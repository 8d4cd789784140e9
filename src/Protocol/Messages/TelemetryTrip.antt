-- ===== src/Protocol/Messages/TelemetryTrip.antt =====
-- rci/protocols/messages.py: `RobotTelemetry.decode` on what `encode` writes.
use robotic_character_interf.Base.{
  ℕ, ◌+◌, ◌*◌, ◌/◌, ◌%◌, ◌≤◌, ◌≡◌, refl, sym, ap, ◌∙◌, none, some, List, [], ◌∷◌, ◌++◌, arith,
}
use robotic_character_interf.Protocol.Messages.Telemetry.{
  joint_bytes, telemetry_checked, TelemetryHead, telemetry_head, read_joints, telemetry_fault,
  decode_telemetry_head, decode_telemetry, decode_telemetry_body, RobotTelemetry, encode_telemetry,
  unpack_telemetry_head, RobotJointTelemetry, encode_joints,
}
use robotic_character_interf.Protocol.Framing.{unpack_u16, ok}
use robotic_character_interf.Base.Lists.{length}
use robotic_character_interf.Base.Int.{pos_part, pos, ℤ}
use robotic_character_interf.Protocol.Messages.RoundTrip.{wire_state_of_value-value}
use robotic_character_interf.Protocol.Messages.Fields.{
  require_uint_ok, unpack_u16-pack, ok-injective, after_ok, unpack_u32-pack,
}
use robotic_character_interf.Protocol.Messages.{to_word, of_word, require_int16}
use robotic_character_interf.Protocol.Constants.{wire_state_value}
use robotic_character_interf.Protocol.Messages.MotionTrip.{number_kept, followed_by_ok}
use robotic_character_interf.Protocol.Messages.GloveTrip.{word_kept}

joint_read :
    (j : RobotJointTelemetry) (id current : ℕ)
    → j.joint_id ≡ pos id
    → j.current_ma ≡ pos current
    → require_int16 "position_cdeg" j.position_cdeg ≡ none
    → require_int16 "velocity_cdeg_s" j.velocity_cdeg_s ≡ none
    → record {
      joint_id = pos (pos_part j.joint_id);
      position_cdeg =
          of_word (unpack_u16 (to_word j.position_cdeg % 256) (to_word j.position_cdeg / 256));
      velocity_cdeg_s =
          of_word (unpack_u16 (to_word j.velocity_cdeg_s % 256) (to_word j.velocity_cdeg_s / 256));
      current_ma = pos (unpack_u16 (pos_part j.current_ma % 256) (pos_part j.current_ma / 256));
    }
      ≡ j
joint_read j id current is_id is_current p v =
    rw
      (
        word_kept "position_cdeg" j.position_cdeg p,
        word_kept "velocity_cdeg_s" j.velocity_cdeg_s v,
        unpack_u16-pack (pos_part j.current_ma),
        sym (number_kept j.joint_id id is_id),
        sym (number_kept j.current_ma current is_current),
      )
      refl

read_joints-encode :
    (joints : List RobotJointTelemetry) (body : List ℕ)
    → encode_joints joints ≡ ok body
    → (read_joints (length joints) body ≡ some joints) × (length body ≡ length joints * 7)
unfolding encode_joints read_joints
read_joints-encode [] body e = (refl, omega (arith, ap length (ok-injective e)))
read_joints-encode (j ∷ joints) body e =
    let (id_ok, e1) = after_ok e in
    let (position_ok, e2) = after_ok {o = require_int16 "position_cdeg" j.position_cdeg} e1 in
    let (velocity_ok, e3) = after_ok {o = require_int16 "velocity_cdeg_s" j.velocity_cdeg_s} e2 in
    let (current_ok, e4) = after_ok e3 in
    let (rest, written, split) = followed_by_ok (joint_bytes j) (encode_joints joints) body e4 in
    let (id, is_id, _, _) = require_uint_ok "joint_id" j.joint_id 8 1 id_ok in
    let (current, is_current, _, _) = require_uint_ok "current_ma" j.current_ma 16 0 current_ok in
    let (later, size) = read_joints-encode joints rest written in
    (
      rw (split, later)
          (ap (λ u. some (u ∷ joints))
            (joint_read j id current is_id is_current position_ok velocity_ok)),
      omega (arith, ap length split, size),
    )

telemetry_fault-none :
    (t : RobotTelemetry) → telemetry_fault t ≡ none → (1 ≤ length t.joints) × (length t.joints ≤ 8)
unfolding telemetry_fault
telemetry_fault-none t e = (ground arith, ground arith)

-- What telemetry satisfies that is encoded, and its bytes.
record IsReported (t : RobotTelemetry) (bytes : List ℕ) : Type 0 where
  uptime : t.uptime_ms ≡ pos (pos_part t.uptime_ms)
  flags : t.flags ≡ pos (pos_part t.flags)
  supply : t.supply_mv ≡ pos (pos_part t.supply_mv)
  some_joint : 1 ≤ length t.joints
  few_joints : length t.joints ≤ 8
  body : List ℕ
  written : encode_joints t.joints ≡ ok body
  whole : bytes ≡ telemetry_head t ++ body

encode_telemetry_ok :
    (t : RobotTelemetry) (bytes : List ℕ) → encode_telemetry t ≡ ok bytes → IsReported t bytes
unfolding encode_telemetry
encode_telemetry_ok t bytes e =
    let (uptime_ok, e1) = after_ok e in
    let (flags_ok, e2) = after_ok e1 in
    let (supply_ok, e3) = after_ok e2 in
    let (clean, e4) = after_ok e3 in
    let (some_joint, few_joints) = telemetry_fault-none t clean in
    let (u, is_u, _, _) = require_uint_ok "uptime_ms" t.uptime_ms 32 0 uptime_ok in
    let (f, is_f, _, _) = require_uint_ok "flags" t.flags 8 0 flags_ok in
    let (s, is_s, _, _) = require_uint_ok "supply_mv" t.supply_mv 16 0 supply_ok in
    let (body, written, whole) =
      followed_by_ok (telemetry_head t) (encode_joints t.joints) bytes e4 in
    record {
      uptime = number_kept t.uptime_ms u is_u;
      flags = number_kept t.flags f is_f;
      supply = number_kept t.supply_mv s is_s;
      some_joint = some_joint;
      few_joints = few_joints;
      body = body;
      written = written;
      whole = whole;
    }

abbrev head_of : RobotTelemetry → List ℕ → TelemetryHead
head_of t body = record {
  uptime_ms = pos_part t.uptime_ms;
  raw_state = wire_state_value t.state;
  flags = pos_part t.flags;
  supply_mv = pos_part t.supply_mv;
  joint_count = length t.joints;
  rest = body;
}

unpack_telemetry_head-pack :
    (t : RobotTelemetry) (body : List ℕ)
    → unpack_telemetry_head (telemetry_head t ++ body) ≡ some (head_of t body)
unfolding unpack_telemetry_head
unpack_telemetry_head-pack t body =
    rw (unpack_u32-pack (pos_part t.uptime_ms), unpack_u16-pack (pos_part t.supply_mv)) refl

same_report :
    (t : RobotTelemetry) (u f s : ℤ)
    → u ≡ t.uptime_ms
    → f ≡ t.flags
    → s ≡ t.supply_mv
    → record t { uptime_ms = u; flags = f; supply_mv = s } ≡ t
same_report t u f s eu ef es = rw (eu, ef, es) refl

decode_telemetry_body-sent :
    (t : RobotTelemetry) (bytes : List ℕ) (r : IsReported t bytes)
    → encode_telemetry t ≡ ok bytes
    → decode_telemetry_body (head_of t r.body) (some t.state) (some t.joints) ≡ ok t
unfolding decode_telemetry_body
decode_telemetry_body-sent t bytes r e =
    let same =
      same_report t (pos (pos_part t.uptime_ms)) (pos (pos_part t.flags))
        (pos (pos_part t.supply_mv)) (sym r.uptime) (sym r.flags) (sym r.supply) in
    ap (λ d. telemetry_checked d (encode_telemetry d)) same ∙ ap (telemetry_checked t) e

decode_telemetry_head-sent :
    (t : RobotTelemetry) (bytes : List ℕ) (size : ℕ) (r : IsReported t bytes)
    → encode_telemetry t ≡ ok bytes
    → size ≡ 9 + length t.joints * 7
    → decode_telemetry_head size (some (head_of t r.body)) ≡ ok t
unfolding decode_telemetry_head
decode_telemetry_head-sent t bytes size r e total = ground (
  arith,
  total,
  r.some_joint,
  r.few_joints,
  wire_state_of_value-value t.state,
  (read_joints-encode t.joints r.body r.written).0,
  decode_telemetry_body-sent t bytes r e,
)

decode_telemetry-parts :
    (payload : List ℕ) (h : TelemetryHead)
    → 16 ≤ length payload
    → unpack_telemetry_head payload ≡ some h
    → decode_telemetry payload ≡ decode_telemetry_head (length payload) (some h)
unfolding decode_telemetry
decode_telemetry-parts payload h long head = ground (arith, long, head)

-- Robot telemetry that encodes without an error is decoded from its bytes unchanged.
pub decode_telemetry-encode :
    (t : RobotTelemetry) (bytes : List ℕ)
    → encode_telemetry t ≡ ok bytes
    → decode_telemetry bytes ≡ ok t
decode_telemetry-encode t bytes e =
    let r = encode_telemetry_ok t bytes e in
    let size : length bytes ≡ 9 + length t.joints * 7 =
      omega (arith, ap length r.whole, (read_joints-encode t.joints r.body r.written).1) in
    decode_telemetry-parts bytes (head_of t r.body) (omega (arith, size, r.some_joint))
      (ap unpack_telemetry_head r.whole ∙ unpack_telemetry_head-pack t r.body)
    ∙ decode_telemetry_head-sent t bytes (length bytes) r e size
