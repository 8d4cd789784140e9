-- ===== src/Protocol/Messages/Tests.antt =====
-- The message codecs on concrete messages.
use robotic_character_interf.Base.{ℕ, ◌≡◌, ◌↔◌, refl, List, [], ◌∷◌, arith}
use robotic_character_interf.Protocol.Messages.Control.{
  decode_ack, decode_heartbeat, decode_estop, encode_estop, Heartbeat, encode_ack, Acknowledgement,
  EmergencyStop, encode_heartbeat,
}
use robotic_character_interf.Protocol.Messages.Glove.{decode_glove, GloveTelemetry, encode_glove}
use robotic_character_interf.Protocol.Messages.Motion.{
  decode_motion, ValidatedMotionCommand, encode_motion,
}
use robotic_character_interf.Protocol.Constants.{
  executing, position, accepted, manual, armed, glove, robot,
}
use robotic_character_interf.Base.Int.{negsuc, pos}
use robotic_character_interf.Protocol.Framing.{ok}
use robotic_character_interf.Protocol.Messages.RoundTrip.{
  heartbeat_iff, acknowledgement_iff, emergency_stop_iff,
}
use robotic_character_interf.Base.Lists.{length}
use robotic_character_interf.Protocol.Messages.MotionTrip.{decode_motion-encode}
use robotic_character_interf.Protocol.Messages.GloveTrip.{decode_glove-encode}
use robotic_character_interf.Protocol.Messages.Telemetry.{
  RobotTelemetry, decode_telemetry, encode_telemetry,
}
use robotic_character_interf.Protocol.Messages.TelemetryTrip.{decode_telemetry-encode}

abbrev seen : Acknowledgement
seen = record { acknowledged_sequence = pos 515; status = accepted }

abbrev beat : Heartbeat
beat = record { source = glove; uptime_ms = pos 66051; state = armed }

abbrev pressed : EmergencyStop
pressed = record { source = robot; reason = manual }

abbrev reach : ValidatedMotionCommand
reach = record {
  command_id = 1 ∷ 2 ∷ 3 ∷ 4 ∷ 5 ∷ 6 ∷ 7 ∷ 8 ∷ 9 ∷ 10 ∷ 11 ∷ 12 ∷ 13 ∷ 14 ∷ 15 ∷ 16 ∷ [];
  ttl_ms = pos 250;
  mode = position;
  targets =
      record { joint_id = pos 1; target_cdeg = negsuc 299 }
      ∷ record { joint_id = pos 2; target_cdeg = pos 4500 }
      ∷ [];
  max_velocity_cdeg_s = pos 3000;
  max_acceleration_cdeg_s2 = pos 6000;
}

abbrev reach_bytes : List ℕ
reach_bytes =
    1 ∷ 2 ∷ 3 ∷ 4 ∷ 5 ∷ 6 ∷ 7 ∷ 8 ∷ 9 ∷ 10 ∷ 11 ∷ 12 ∷ 13 ∷ 14 ∷ 15 ∷ 16 ∷ 250 ∷ 0 ∷ 1 ∷ 2 ∷ 1 ∷ 212
    ∷ 254 ∷ 2 ∷ 148 ∷ 17 ∷ 184 ∷ 11 ∷ 112 ∷ 23 ∷ []

reach_encoded : encode_motion reach ≡ ok reach_bytes
unfolding encode_motion
reach_encoded = refl

abbrev hand : GloveTelemetry
hand = record {
  device_time_ms_mod = pos 1000;
  accel_x_mg = pos 5;
  accel_y_mg = negsuc 0;
  accel_z_mg = pos 981;
  gyro_x_cdeg_s = pos 0;
  gyro_y_cdeg_s = pos 0;
  gyro_z_cdeg_s = negsuc 99;
  pitch_cdeg = pos 1500;
  roll_cdeg = negsuc 1499;
  battery_mv = pos 3700;
  flags = pos 3;
}

abbrev hand_bytes : List ℕ
hand_bytes =
    232 ∷ 3 ∷ 5 ∷ 0 ∷ 255 ∷ 255 ∷ 213 ∷ 3 ∷ 0 ∷ 0 ∷ 0 ∷ 0 ∷ 156 ∷ 255 ∷ 220 ∷ 5 ∷ 36 ∷ 250 ∷ 116
    ∷ 14 ∷ 3 ∷ []

hand_encoded : encode_glove hand ≡ ok hand_bytes
unfolding encode_glove
hand_encoded = refl

acknowledgement_iff_example :
    (encode_ack seen ≡ ok (3 ∷ 2 ∷ 0 ∷ [])) ↔ (decode_ack (3 ∷ 2 ∷ 0 ∷ []) ≡ ok seen)
acknowledgement_iff_example =
    acknowledgement_iff seen (3 ∷ 2 ∷ 0 ∷ []) (omega arith, (omega arith, (omega arith, tt)))

emergency_stop_iff_example :
    (encode_estop pressed ≡ 4 ∷ 1 ∷ []) ↔ (decode_estop (4 ∷ 1 ∷ []) ≡ ok pressed)
emergency_stop_iff_example = emergency_stop_iff pressed (4 ∷ 1 ∷ [])

heartbeat_iff_example :
    (encode_heartbeat beat ≡ ok (2 ∷ 3 ∷ 2 ∷ 1 ∷ 0 ∷ 5 ∷ []))
    ↔ (decode_heartbeat (2 ∷ 3 ∷ 2 ∷ 1 ∷ 0 ∷ 5 ∷ []) ≡ ok beat)
heartbeat_iff_example =
    heartbeat_iff beat (2 ∷ 3 ∷ 2 ∷ 1 ∷ 0 ∷ 5 ∷ [])
      (omega arith, (omega arith, (omega arith, (omega arith, (omega arith, (omega arith, tt))))))

decode_motion-encode_example : decode_motion reach_bytes ≡ ok reach
decode_motion-encode_example = decode_motion-encode reach reach_bytes refl reach_encoded

decode_glove-encode_example : (decode_glove hand_bytes ≡ ok hand) × (length hand_bytes ≡ 21)
decode_glove-encode_example = decode_glove-encode hand hand_bytes hand_encoded

abbrev report : RobotTelemetry
report = record {
  uptime_ms = pos 66051;
  state = executing;
  flags = pos 0;
  supply_mv = pos 7400;
  joints =
      record {
        joint_id = pos 1;
        position_cdeg = pos 100;
        velocity_cdeg_s = negsuc 0;
        current_ma = pos 40;
      }
      ∷ [];
}

abbrev report_bytes : List ℕ
report_bytes = 3 ∷ 2 ∷ 1 ∷ 0 ∷ 6 ∷ 0 ∷ 232 ∷ 28 ∷ 1 ∷ 1 ∷ 100 ∷ 0 ∷ 255 ∷ 255 ∷ 40 ∷ 0 ∷ []

report_encoded : encode_telemetry report ≡ ok report_bytes
unfolding encode_telemetry
report_encoded = refl

decode_telemetry-encode_example : decode_telemetry report_bytes ≡ ok report
decode_telemetry-encode_example = decode_telemetry-encode report report_bytes report_encoded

• **What is needed**
Return exactly, and only, the lines above starting at the line that contains "let (id_ok, e1) = after_ok e in" and ending at the line that contains "unfolding telemetry_fault".

• **Response**
    let (id_ok, e1) = after_ok e in
    let (position_ok, e2) = after_ok {o = require_int16 "position_cdeg" j.position_cdeg} e1 in
    let (velocity_ok, e3) = after_ok {o = require_int16 "velocity_cdeg_s" j.velocity_cdeg_s} e2 in
    let (current_ok, e4) = after_ok e3 in
    let (rest, written, split) = followed_by_ok (joint_bytes j) (encode_joints joints) body e4 in
    let (id, is_id, _, _) = require_uint_ok "joint_id" j.joint_id 8 1 id_ok in
    let (current, is_current, _, _) = require_uint_ok "current_ma" j.current_ma 16 0 current_ok in
    let (later, size) = read_joints-encode joints rest written in
    (
      rw (split, later)
          (ap (λ u. some (u ∷ joints))
            (joint_read j id current is_id is_current position_ok velocity_ok)),
      omega (arith, ap length split, size),
    )

telemetry_fault-none :
    (t : RobotTelemetry) → telemetry_fault t ≡ none → (1 ≤ length t.joints) × (length t.joints ≤ 8)
unfolding telemetry_fault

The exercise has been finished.